Kalshi’s Competitiveness Still Limited Despite Parlay Debut (WSJ, paywall): “Kalshi’s move brings it closer to looking like a sportsbook, adding to investor concerns that it could develop competitive products with potentially better odds than traditional sportsbooks. But Kalshi is still limited in how much money it can take in from the sports-betting industry, and adding a parlay product could attract more legal scrutiny to prediction markets, Benchmark analyst Mike Hickey said.”
“Until it scales or becomes more robust, it doesn’t appear competitive,” Hickey said of Kalshi’s new product. “It seems like DraftKings and FanDuel still have an edge.”
“Kalshi’s parlay product is still bare-bones compared to what traditional online sportsbooks offer, Oppenheimer analysts led by Jed Kelly said in a note.

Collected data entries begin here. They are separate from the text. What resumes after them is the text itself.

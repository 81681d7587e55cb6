-- ===== src/Registry/Slots/Requests.antt =====
-- The slots across the steps that a request takes.
use stagepilot_beta.Common.{ℕ, String, true, false, ◌&&◌, refl}
use stagepilot_beta.Registry.Windows.{RateWindow, Admission, refused, admitted}
use stagepilot_beta.Registry.Data.{World, Env, Installation, Response, Lane, recovery}
use stagepilot_beta.Registry.Action.{Action, Outcome, ok, thrown, save, with_lane}
use stagepilot_beta.Registry.Limits.{
  Kind, status, mutation, kind_denied, set_kind_window, settle_installation_rate,
  take_installation_rate, settle_diagnostics_rate, take_diagnostics_rate,
}
use stagepilot_beta.Registry.Pending.{pending_action_of, pending_actions}
use stagepilot_beta.Registry.Access.{
  RouteAction, to_status, to_provision, to_disable, to_revoke, to_reconcile, Request,
}
use stagepilot_beta.Registry.Handler.{record_geo, answer_status, mutate, reconcile_lane, same_text}
use stagepilot_beta.Registry.Rules.Basic.{Keeps, Keeps-pure, Keeps-gets, Keeps-bind}
use stagepilot_beta.Registry.Rules.Leads.{
  Leads, Leads-bind, Leads-pure, Leads-throw, Leads-if, Leads-keep, Leads-strengthen, Ends,
}
use stagepilot_beta.Registry.Slots.Invariant.{IsSound, save-Holds}
use stagepilot_beta.Registry.Slots.Revoking.{stats-IsSound, disable-IsSound}
use stagepilot_beta.Registry.Slots.Renewal.{deny-IsSound}
use stagepilot_beta.Registry.Slots.Provisioning.{
  Held, Held-IsSound, note-Held, provision-IsSound, reconcile-IsSound,
}

module _ (env : Env) where
  abbrev limit : ℕ
  limit = env.installation_limit

  set_kind-Held :
      (i : Installation) (kind : Kind) (w : RateWindow)
      → Leads
          (IsSound limit 0)
          (Held env i)
          (save (set_kind_window kind i w))
          (λ _. Held env (set_kind_window kind i w))
  set_kind-Held i status w = save-Holds limit {i = i} (set_kind_window status i w) refl refl
  set_kind-Held i mutation w = save-Holds limit {i = i} (set_kind_window mutation i w) refl refl

  settle_rate-Held :
      (i : Installation) (kind : Kind) (a : Admission)
      → Leads (IsSound limit 0) (Held env i) (settle_installation_rate env i kind a) (Held env)
  unfolding settle_installation_rate
  settle_rate-Held i kind (refused retry) =
      Leads-strengthen (IsSound limit 0) _ (Held-IsSound env i) (
        Leads-bind (IsSound limit 0) _ _ (stats-IsSound env)
          λ s. deny-IsSound env s (kind_denied kind) _ _)
  settle_rate-Held i kind (admitted window) =
      Leads-bind (IsSound limit 0) _ _ (set_kind-Held i kind window)
        λ _. Leads-pure (IsSound limit 0) (set_kind_window kind i window) (λ w h. h)

  pub rate-Held :
      (i : Installation) (kind : Kind)
      → Leads (IsSound limit 0) (Held env i) (take_installation_rate env i kind) (Held env)
  unfolding take_installation_rate
  rate-Held i kind = record { at = λ w h. (settle_rate-Held i kind _).at w h }

  settle_diagnostics-Held :
      (i : Installation) (a : Admission)
      → Leads (IsSound limit 0) (Held env i) (settle_diagnostics_rate env i a) (Held env)
  unfolding settle_diagnostics_rate
  settle_diagnostics-Held i (refused retry) = Leads-throw (IsSound limit 0) _ (Held-IsSound env i)
  settle_diagnostics-Held i (admitted window) =
      Leads-bind (IsSound limit 0) _ _ (save-Holds limit {i = i} _ refl refl)
        λ _. Leads-pure (IsSound limit 0) _ (λ w h. h)

  pub diagnostics_rate-Held :
      (i : Installation)
      → Leads (IsSound limit 0) (Held env i) (take_diagnostics_rate env i) (Held env)
  unfolding take_diagnostics_rate
  diagnostics_rate-Held i = record { at = λ w h. (settle_diagnostics-Held i _).at w h }

  pub geo-Held :
      (r : Request) (i : Installation)
      → Leads (IsSound limit 0) (Held env i) (record_geo env r i) (Held env)
  unfolding record_geo
  geo-Held r i =
      Leads-if (IsSound limit 0)
        (same_text i.last_city r.city
          && same_text i.last_region r.region
          && same_text i.last_country r.country)
        _ _ (Leads-pure (IsSound limit 0) i (λ w h. h))
        (Leads-bind (IsSound limit 0) _ _ (save-Holds limit {i = i} _ refl refl)
          λ _. Leads-pure (IsSound limit 0) _ (λ w h. h))

  pub lane-IsSound :
      (l : Lane) (w : World) → IsSound limit 0 w → IsSound limit 0 (record w { lane = l })
  lane-IsSound l w s = record {
    counter = s.counter;
    stored = s.stored;
    covered = s.covered;
    bounded = s.bounded;
    keyed = s.keyed;
  }

  lane-Ends :
      {A : Type 0} (r : Outcome A) (l : Lane) (w : World)
      → Ends (IsSound limit 0) (λ _. IsSound limit 0) r w
      → Ends (IsSound limit 0) (λ _. IsSound limit 0) r (record w { lane = l })
  lane-Ends (ok a) l w s = lane-IsSound l w s
  lane-Ends (thrown t) l w s = lane-IsSound l w s

  pub lane-Leads :
      {P : World → Type 0} (l : Lane) (m : Action Response)
      → ((w : World) → P w → P (record w { lane = l }))
      → Leads (IsSound limit 0) P m (λ _. IsSound limit 0)
      → Leads (IsSound limit 0) P (with_lane l m) (λ _. IsSound limit 0)
  unfolding with_lane
  lane-Leads l m keep lm = record {
    at = λ w h.
        let (r, w') = m (record w { lane = l }) in
        lane-Ends r w.lane w' (lm.at (record w { lane = l }) (keep w h));
  }

  pub lane-Held :
      (i : Installation) (l : Lane) (w : World) → Held env i w → Held env i (record w { lane = l })
  lane-Held i l w h = record {
    sound = lane-IsSound l w h.sound;
    old = h.old;
    known = h.known;
    same = h.same;
  }

  pub mutate-IsSound :
      (a : RouteAction) (r : Request) (i : Installation)
      → Leads (IsSound limit 0) (Held env i) (mutate env a r i) (λ _. IsSound limit 0)
  unfolding mutate
  mutate-IsSound to_provision r i = provision-IsSound env r.input i
  mutate-IsSound to_disable r i =
      lane-Leads recovery _ (lane-Held i recovery) (disable-IsSound env i false)
  mutate-IsSound to_revoke r i =
      lane-Leads recovery _ (lane-Held i recovery) (disable-IsSound env i true)
  mutate-IsSound to_reconcile r i =
      let l = reconcile_lane env i.desired_enabled in
      lane-Leads l _ (lane-Held i l) (reconcile-IsSound env r.input i)
  mutate-IsSound to_status r i = Leads-pure (IsSound limit 0) _ (Held-IsSound env i)

  pub keep-IsSound :
      {A : Type 0} (m : Action A)
      → Keeps (IsSound limit 0) m
      → Leads (IsSound limit 0) (IsSound limit 0) m (λ _. IsSound limit 0)
  keep-IsSound m k = Leads-keep (IsSound limit 0) m (λ w s. s) k

  pending_actions-Keeps : (P : World → Type 0) (id : String) → Keeps P (pending_actions id)
  unfolding pending_actions pending_action_of
  pending_actions-Keeps P id = Keeps-bind _ _ (Keeps-gets _) λ found. Keeps-pure _

  pub status-IsSound :
      (r : Request) (i : Installation)
      → Leads (IsSound limit 0) (Held env i) (answer_status env r i) (λ _. IsSound limit 0)
  unfolding answer_status
  status-IsSound r i = Leads-bind (IsSound limit 0) _ _ (rate-Held i status) λ charged.
      Leads-bind (IsSound limit 0) _ _ (note-Held env charged r.device_query) λ named.
        Leads-bind (IsSound limit 0) _ _
          (Leads-keep (IsSound limit 0) (pending_actions named.id) (Held-IsSound env named)
            (pending_actions-Keeps _ named.id))
          λ actions. Leads-pure (IsSound limit 0) _ (Held-IsSound env named)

They believe the product emphasizes that prediction markets are having a limited impact on DraftKings’ and FanDuel’s handle and engagement so far this football season.”
My take: Despite the above, DraftKings and Flutter (FanDuel parent) stock — the two companies that are most impacted by the expansion of sports betting via prediction markets — took a pretty big hit on Tuesday, at least partially on the prediction market sector’s advances. (Some of it appears to be on falling consumer confidence metrics, as well.) They were both down about ten percent on Tuesday.
The crazy part about the stock drops (at least partially on the Kalshi parlay news): How was this not baked into the market already? Did people really think this wasn’t going to happen? I suppose until everyone saw it with their own eyes, maybe they didn’t believe it. But I would have been more shocked if Kalshi didn’t launch parlays sometime this year.
Robinhood Explores Launching Prediction Markets Outside US (Bloomberg, paywall): “Robinhood Markets Inc. is exploring an expansion of its prediction markets product to countries outside of the US, a move that would broaden the reach of the already fast-growing and often controversial industry. The brokerage has been speaking to overseas regulators like the UK’s Financial Conduct Authority about how it might offer prediction markets locally, as demand for the space continues to grow. At issue is how such products might be structured and regulated — while prediction markets are considered futures products in the US, they’re often lumped in with gambling in other regions.”
One more note from the SEC-CFTC roundtable: A bit of good insight from Vixio’s Matt Carey (via LinkedIn)…. “Top executives from leading financial exchanges have expressed frustration with the self-certification model that exchanges like Kalshi use to quickly introduce new markets, including sports-event contracts. While specific discussion of sports-event contracts was virtually non-existent, the conversation did circle around to some of the current market conditions that allow for the contracts to be viable. Those include the CFTC’s self-certification model that allows Kalshi and other prediction markets, including the soon-to-launch Polymarket, to submit a market to the CFTC and begin offering it a day later rather than wait for specific approval.”
“I think the worst thing to have happen is to allow a product out the gate and then have the participants going at it in a certain direction, and then all of a sudden there’s a change, either at the regulator or somewhere else, where they have to pull back, relocate, bring it into a different regulatory environment,” said Terrence Duffy, CEO of the CME Group, which is the largest commodities exchange in the U.S. “It’s very disruptive for innovation.”